ACTION ITEM>
Starting at the top line, return each entry word for word.

RECORDS FOR THE EXERCISE>

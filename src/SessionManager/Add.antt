-- ===== src/SessionManager/Add.antt =====
-- SessionManager.cpp, `AddSession` and `GetSession`.
use iocp_chat_server.Base.{
  ◌+◌, ◌%◌, ◌^◌, ◌≡◌, true, false, [], ◌∷◌, ◌++◌, some, arith, inl, inr, ◌≢◌, length-append,
  Bool-cases,
}
use iocp_chat_server.Base.Int.{pos, ◌+ℤ◌, ltb_ℤ}
use iocp_chat_server.Network.IocpSession.{IocpSession, set_id}
use iocp_chat_server.SessionManager.Memory.{Pointer, World, done, update, logs_busy, ◌>>=◌, load_at}
use iocp_chat_server.SessionManager.{contains, add_session}
use iocp_chat_server.SessionManager.Pointers.{append-Distinct}
use iocp_chat_server.SessionManager.Invariant.{Live-update, Live-append, Inv, Keeps}

-- The world after the session at `p` is added.
unfoldable pub added : Pointer → IocpSession → World → World
added p s w = record w {
  session_list = w.session_list ++ p ∷ [];
  session_count = w.session_count +ℤ pos 1;
  session_seed = (w.session_seed + 1) % 2 ^ 64;
  heap = update w.heap p (some (set_id s w.session_seed));
}

pub add_session-listed :
    (p : Pointer) (w : World) → contains p w.session_list ≡ true → add_session p w ≡ done false w
unfolding add_session
add_session-listed p w c = rw c

pub add_session-busy :
    (p : Pointer) (w : World)
    → contains p w.session_list ≡ false
    → ltb_ℤ w.max_connection w.session_count ≡ true
    → add_session p w ≡ done false (record w { effects = logs_busy ∷ w.effects })
unfolding add_session
add_session-busy p w c b = rw (c, b)

pub add_session-new :
    (p : Pointer) (s : IocpSession) (w : World)
    → contains p w.session_list ≡ false
    → ltb_ℤ w.max_connection w.session_count ≡ false
    → w.heap p ≡ some s
    → add_session p w ≡ done true (added p s w)
unfolding add_session added
add_session-new p s w c b e = rw (c, b, e, ◌>>=◌, load_at)

pub added-Inv :
    (p : Pointer) (s : IocpSession) (w : World)
    → p ≢ 0
    → contains p w.session_list ≡ false
    → ltb_ℤ w.max_connection w.session_count ≡ false
    → Inv w
    → Inv (added p s w)
unfolding added ◌+ℤ◌
added-Inv p s w h c b i =
    let ps = w.session_list in
    record {
      live =
          Live-append _ ps (p ∷ [])
            (Live-update w.heap p (some (set_id s w.session_seed)) ps i.live c)
            (h, (set_id s w.session_seed, ground arith), tt);
      distinct = append-Distinct p ps i.distinct c;
      counted = ground (arith, length-append ps (p ∷ []), i.counted);
      capacity = ground arith;
    }

-- `AddSession` on an allocated session keeps the invariant, with no fault, on every branch.
pub add_session-Inv :
    (p : Pointer) (s : IocpSession) (w : World)
    → p ≢ 0
    → w.heap p ≡ some s
    → Inv w
    → Keeps (add_session p w)
add_session-Inv p s w h e i = elim (Bool-cases (contains p w.session_list)) [
  | inl c ↦ rw (add_session-listed p w c) i
  | inr c ↦ elim (Bool-cases (ltb_ℤ w.max_connection w.session_count)) [
    | inl b ↦ rw (add_session-busy p w c b) (record {
      live = i.live;
      distinct = i.distinct;
      counted = i.counted;
      capacity = i.capacity;
    })
    | inr b ↦ rw (add_session-new p s w c b e) (added-Inv p s w h c b i)
  ]
]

SOLVED PROBLEM>
filename src/SessionManager/Add.antt
-- ===== src/SessionManager/Add.antt =====
-- SessionManager.cpp, `AddSession` and `GetSession`.
use iocp_chat_server.Base.{
  ◌+◌, ◌%◌, ◌^◌, ◌≡◌, true, false, [], ◌∷◌, ◌++◌, some, arith, inl, inr, ◌≢◌, length-append,
  Bool-cases,
}
use iocp_chat_server.Base.Int.{pos, ◌+ℤ◌, ltb_ℤ}
use iocp_chat_server.Network.IocpSession.{IocpSession, set_id}
use iocp_chat_server.SessionManager.Memory.{Pointer, World, done, update, logs_busy, ◌>>=◌, load_at}
use iocp_chat_server.SessionManager.{contains, add_session}
use iocp_chat_server.SessionManager.Pointers.{append-Distinct}
use iocp_chat_server.SessionManager.Invariant.{Live-update, Live-append, Inv, Keeps}

-- The world after the session at `p` is added.
unfoldable pub added : Pointer → IocpSession → World → World
added p s w = record w {
  session_list = w.session_list ++ p ∷ [];
  session_count = w.session_count +ℤ pos 1;
  session_seed = (w.session_seed + 1) % 2 ^ 64;
  heap = update w.heap p (some (set_id s w.session_seed));
}

pub add_session-listed :
    (p : Pointer) (w : World) → contains p w.session_list ≡ true → add_session p w ≡ done false w
unfolding add_session
add_session-listed p w c = rw c

pub add_session-busy :
    (p : Pointer) (w : World)
    → contains p w.session_list ≡ false
    → ltb_ℤ w.max_connection w.session_count ≡ true
    → add_session p w ≡ done false (record w { effects = logs_busy ∷ w.effects })
unfolding add_session
add_session-busy p w c b = rw (c, b)

pub add_session-new :
    (p : Pointer) (s : IocpSession) (w : World)
    → contains p w.session_list ≡ false
    → ltb_ℤ w.max_connection w.session_count ≡ false
    → w.heap p ≡ some s
    → add_session p w ≡ done true (added p s w)
unfolding add_session added
add_session-new p s w c b e = rw (c, b, e, ◌>>=◌, load_at)

pub added-Inv :
    (p : Pointer) (s : IocpSession) (w : World)
    → p ≢ 0
    → contains p w.session_list ≡ false
    → ltb_ℤ w.max_connection w.session_count ≡ false
    → Inv w
    → Inv (added p s w)
unfolding added ◌+ℤ◌
added-Inv p s w h c b i =
    let ps = w.session_list in
    record {
      live =
          Live-append _ ps (p ∷ [])
            (Live-update w.heap p (some (set_id s w.session_seed)) ps i.live c)
            (h, (set_id s w.session_seed, ground arith), tt);
      distinct = append-Distinct p ps i.distinct c;
      counted = ground (arith, length-append ps (p ∷ []), i.counted);
      capacity = ground arith;
    }

-- `AddSession` on an allocated session keeps the invariant, with no fault, on every branch.
pub add_session-Inv :
    (p : Pointer) (s : IocpSession) (w : World)
    → p ≢ 0
    → w.heap p ≡ some s
    → Inv w
    → Keeps (add_session p w)
add_session-Inv p s w h e i = elim (Bool-cases (contains p w.session_list)) [
  | inl c ↦ rw (add_session-listed p w c) i
  | inr c ↦ elim (Bool-cases (ltb_ℤ w.max_connection w.session_count)) [
    | inl b ↦ rw (add_session-busy p w c b) (record {
      live = i.live;
      distinct = i.distinct;
      counted = i.counted;
      capacity = i.capacity;
    })
    | inr b ↦ rw (add_session-new p s w c b e) (added-Inv p s w h c b i)
  ]
]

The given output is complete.